Student Project: Toxic Comment Classification (Kaggle)

matthewgonz0 · March 31, 2020, 2:34am

This thread was created after brainstorming projects with the SF virtual study group. The deadline for this competition (https://www.kaggle.com/c/jigsaw-multilingual-toxic-comment-classification) is June 22nd and I’m hoping to gather some ideas and get started as soon as possible.

Goal of the project: Win this competition using fast.ai!

ilovescience · March 31, 2020, 2:37am

To do well in this competition, you will likely need a good interface between fastai and huggingface transformers (currently the best DL for NLP package). AFAIK, none exists right now.

muellerzr · March 31, 2020, 2:38am

It actually does, via FastHugs by @morgan

GitHub - morganmcg1/fasthugs: Use fastai-v2 with HuggingFace's pretrained transformers

Considering it’s multi lingual though perhaps giving Multi-FiT a whirl could be advantageous

ilovescience · March 31, 2020, 2:54am

It seems this will definitely help you get started. But I am not sure if it will do all the things you typically have in BERT (or other transformer training). For example, you need the tokenizer to create token_type_ids and for the model to use this. There may be some other details missing in FastHugs, but it’s worth looking into

muellerzr · March 31, 2020, 2:56am

If you check out the example notebook, he’s using HuggingFace directly doing exactly what you describe The tokenizing isn’t done by fastai but instead their tokenizer is being wrapped (SentencePiece does this behavior too) and so you declare the model to use etc

ilovescience · March 31, 2020, 2:58am

However, there’s another reason why unfortunately fastai probably cannot be used. The data is huge and in this competition, participants are mainly using TPU resources. Unfortunately, fastai does not yet have TPU support (I had been working on it in the past, and plan to continue it soon, but probably will not be ready in time for this competition).

IDK but maybe Multi_FiT is a small enough model to train on this dataset? Completely unsure though…

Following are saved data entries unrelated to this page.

-- ===== src/Llm/Retry/Delay.antt =====
-- The delays between two attempts.
use Prim.Native.Nat.{min}
use native.Mathlib.Nat.{pow-suc}
use kubeflare.Prelude.{ℕ, zero, suc, ◌*◌, ◌^◌, ◌≤◌, ◌<◌, ◌≡◌, arith}
use kubeflare.Llm.Retry.{max_retry_backoff, double_loop, backoff_delay}

one-le-pow : (i : ℕ) → 1 ≤ 2 ^ i
one-le-pow zero = omega arith
one-le-pow (suc i) = rw (pow-suc 2 i) (omega (arith, one-le-pow i))

regroup : (delay i : ℕ) → delay * 2 ^ suc i ≡ (delay * 2) * 2 ^ i
regroup delay i = rw (pow-suc 2 i) (omega arith)

le-mul_pow : (n i : ℕ) → n ≤ n * 2 ^ i
le-mul_pow n i = grind (arith, one-le-pow i)

double_loop-min :
    (i delay : ℕ) → delay < 2 ^ 62 → double_loop i delay ≡ min (delay * 2 ^ i) max_retry_backoff
unfolding double_loop
double_loop-min zero delay h = ground arith
double_loop-min (suc i) delay h =
    rw (regroup delay i) (ground (arith, le-mul_pow (delay * 2) i, double_loop-min i (delay * 2)))

-- The delay before the next attempt is the base doubled for each attempt before it, and at most
-- `maxRetryBackoff`; no doubling wraps around, for a base of less than 2^62 nanoseconds.
pub backoff_delay-min :
    (base attempt : ℕ)
    → base < 2 ^ 62
    → backoff_delay base attempt ≡ min (base * 2 ^ attempt) max_retry_backoff
unfolding backoff_delay
backoff_delay-min base attempt h = double_loop-min attempt base h
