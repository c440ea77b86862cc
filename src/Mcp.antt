-- ===== src/Mcp.antt =====
-- internal/module/agent/infrastructure/mcp: the connections to external MCP servers.
pub mod Breaker
pub mod ToolId
pub mod Manager
pub mod Supervise
pub mod Tools
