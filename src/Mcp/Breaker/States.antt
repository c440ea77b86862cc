-- ===== src/Mcp/Breaker/States.antt =====
-- What holds of a breaker after any calls, in any order and at any times.
use kubeflare.Prelude.{ℕ, ◌<◌, ◌≡◌, ◌⊎◌, ◌↔◌, Bool, true, false, List, [], ◌∷◌, arith, ℤ}
use kubeflare.Mcp.Breaker.{
  closed, opened, half_open, CircuitBreaker, new_circuit_breaker, allow, record_result, is_open,
}

pub data Call : Type 0 where
  allows : ℕ → Call
  records : ℕ → Bool → Call

pub step : CircuitBreaker → Call → CircuitBreaker
step b (allows now) = (allow now b).0
step b (records now success) = record_result now success b

pub run : CircuitBreaker → List Call → CircuitBreaker
run b [] = b
run b (c ∷ cs) = run (step b c) cs

-- A breaker that is closed has failed less than `threshold` times in a row, and the flag of a trial in
-- flight is up exactly while it is half open.
pub record Inv (b : CircuitBreaker) : Type 0 where
  pub armed : 0 < b.threshold
  pub cooling : 0 < b.cooldown
  pub below : b.state ≡ closed → b.consecutive_err < b.threshold
  pub trial : b.half_open_in_flight ≡ true → b.state ≡ half_open
  pub probing : b.state ≡ half_open → b.half_open_in_flight ≡ true

new-Inv : (threshold cooldown : ℤ) → Inv (new_circuit_breaker threshold cooldown)
unfolding new_circuit_breaker
new-Inv threshold cooldown = ground arith

step-Inv : (b : CircuitBreaker) (c : Call) → Inv b → Inv (step b c)
unfolding step allow record_result
step-Inv b (allows now) v = ground arith
step-Inv b (records now success) v = ground arith

run-Inv : (b : CircuitBreaker) (cs : List Call) → Inv b → Inv (run b cs)
unfolding run
run-Inv b [] v = v
run-Inv b (c ∷ cs) v = run-Inv (step b c) cs (step-Inv b c v)

-- A breaker that keeps the invariant lets a call through exactly when it is closed, or when it is
-- open and `isOpen` is false, that is, the cooldown is over. So a half-open one lets none through.
pub allow_decides :
    (b : CircuitBreaker) (now : ℕ)
    → Inv b
    → ((allow now b).1 ≡ true)
      ↔ ((b.state ≡ closed) ⊎ ((b.state ≡ opened) × (is_open now b ≡ false)))
unfolding allow is_open
allow_decides b now v = (ground arith, ground arith)

-- After any calls, in any order and at any times, a breaker made by the constructor has a threshold and
-- a cooldown above 0, is closed only below the threshold and has its flag of a trial in flight up exactly
-- while it is half open; and it lets the next call through exactly when it is closed, or open with the
-- cooldown over, so never while it is half open.
pub reached-Inv :
    (threshold cooldown : ℤ) (cs : List Call)
    → let b = run (new_circuit_breaker threshold cooldown) cs in
      Inv b
      × ((now : ℕ)
          → ((allow now b).1 ≡ true)
            ↔ ((b.state ≡ closed) ⊎ ((b.state ≡ opened) × (is_open now b ≡ false))))
reached-Inv threshold cooldown cs =
    let b = run (new_circuit_breaker threshold cooldown) cs in
    let inv = run-Inv (new_circuit_breaker threshold cooldown) cs (new-Inv threshold cooldown) in
    (inv, λ now. allow_decides b now inv)
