-- ===== src/Mcp/Breaker/Trips.antt =====
-- When a breaker opens, and how it lets one trial through.
use kubeflare.Prelude.{
  get_elem?, Option, none, some, Bool-cases, inl, inr, ◌-◌, ℕ, suc, ◌+◌, ◌≤◌, ◌<◌, ◌≡◌, refl, Bool,
  true, false, List, [], ◌∷◌, arith, leb, length, All,
}
use kubeflare.Mcp.Breaker.{CircuitBreaker, closed, opened, half_open, allow, record_result}

-- Failures reported one after the other, at these times.
pub fail_all : CircuitBreaker → List ℕ → CircuitBreaker
fail_all b [] = b
fail_all b (t ∷ ts) = fail_all (record_result t false b) ts

-- The breaker after `n` failures, if `at` is the time of the one that makes `threshold` in a row.
abbrev pub tripped : CircuitBreaker → ℕ → Option ℕ → CircuitBreaker
tripped b n none = record b { consecutive_err = b.consecutive_err + n }
tripped b n (some at) = record b { consecutive_err = b.threshold; state = opened; opened_at = at }

fail_all-opened : (b : CircuitBreaker) (ts : List ℕ) → b.state ≡ opened → fail_all b ts ≡ b
unfolding fail_all record_result
fail_all-opened b [] h = refl
fail_all-opened b (t ∷ ts) h = ground (arith, fail_all-opened b ts h)

-- A closed breaker below its threshold that is told of failures opens at the one that makes
-- `threshold` in a row, with its time, and ignores those that come later; if there are not that many
-- it counts them and stays closed.
pub fail_all-trips :
    (b : CircuitBreaker) (ts : List ℕ)
    → b.state ≡ closed
    → b.consecutive_err < b.threshold
    → fail_all b ts ≡ tripped b (length ts) (get_elem? ts (b.threshold - b.consecutive_err - 1))
unfolding fail_all record_result
fail_all-trips b [] h below = ground arith
fail_all-trips b (t ∷ ts) h below = elim (Bool-cases (leb b.threshold (b.consecutive_err + 1))) [
  | inl trips ↦
      let last : b.threshold - b.consecutive_err - 1 ≡ 0 = ground arith in
      rw last (
        ground (
          arith,
          fail_all-opened
              (record b { consecutive_err = b.consecutive_err + 1; state = opened; opened_at = t })
              ts,
        ))
  | inr holds ↦
      let more : b.threshold - b.consecutive_err - 1
          ≡ suc (b.threshold - (b.consecutive_err + 1) - 1) =
        ground arith in
      rw more
        (ground (arith, fail_all-trips (record b { consecutive_err = b.consecutive_err + 1 }) ts))
]

-- Calls that ask one after the other, at these times, with the answers.
pub allow_all : CircuitBreaker → List ℕ → CircuitBreaker × List Bool
allow_all b [] = (b, [])
allow_all b (t ∷ ts) =
    let (b', answer) = allow t b in let (b'', answers) = allow_all b' ts in (b'', answer ∷ answers)

abbrev pub all_refused : List ℕ → List Bool
all_refused [] = []
all_refused (t ∷ ts) = false ∷ all_refused ts

allow_all-half_open :
    (b : CircuitBreaker) (ts : List ℕ)
    → b.state ≡ half_open
    → b.half_open_in_flight ≡ true
    → allow_all b ts ≡ (b, all_refused ts)
unfolding allow_all allow
allow_all-half_open b [] h f = refl
allow_all-half_open b (t ∷ ts) h f = ground (arith, allow_all-half_open b ts h f)

-- While it cools down an open breaker refuses every call and stays as it is.
pub cooling_refuses :
    (b : CircuitBreaker) (ts : List ℕ)
    → b.state ≡ opened
    → All (λ t. t < b.opened_at + b.cooldown) ts
    → allow_all b ts ≡ (b, all_refused ts)
unfolding allow_all allow
cooling_refuses b [] h early = refl
cooling_refuses b (t ∷ ts) h early = ground (arith, cooling_refuses b ts h early.1)

-- When the cooldown is over, of the calls that ask before a result is reported the first is let
-- through, as the trial, and all others are refused.
pub one_trial :
    (b : CircuitBreaker) (t : ℕ) (ts : List ℕ)
    → b.state ≡ opened
    → b.opened_at + b.cooldown ≤ t
    → (allow_all b (t ∷ ts)).1 ≡ true ∷ all_refused ts
unfolding allow_all allow
one_trial b t ts h late =
    ground
      (arith, allow_all-half_open (record b { state = half_open; half_open_in_flight = true }) ts)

ilovescience · March 31, 2020, 2:58am

I don’t see token_type_ids being passed into the model and no mention of token_type_ids in the code. Am I missing something?:

        logits = self.transformer(input_ids, attention_mask = attention_mask)[0]

It’s not hard to fix this, just pointing out that whoever is working on this will need to make sure that the inputs, model definition, and outputs are the same as in regular huggingface transformer training.

muellerzr · March 31, 2020, 3:00am

You may not be and instead I am! However I @‘d Morgan so he’ll be aware of this and can comment more once he sees it (I’ve looked very minimal at the code and thought I saw what you described, but clearly I did not!)

On TPU, yeah if it is a TPU focused competition fastai won’t be much help Atleast for v2. @ilovescience IIRC did you get fastaiv1 working for TPUs? I remember you trying

ilovescience · March 31, 2020, 3:03am

Yes I did get a training loop working for ResNet but it was not fast enough. It was IO/CPU-limited and I needed to look at it further. I plan to port over my code to fastai v2, but the changes to the low-level API will make it slightly more difficult than in fastai v2.

ilovescience · March 31, 2020, 3:09am

Life has been busy due to research work, but I will let you know if I do get TPU support working in fastai v2 during this competition. Then it would be great if you guys explore how you can use @morgan’s code to train BERT-multilingual on TPU with fastai v2.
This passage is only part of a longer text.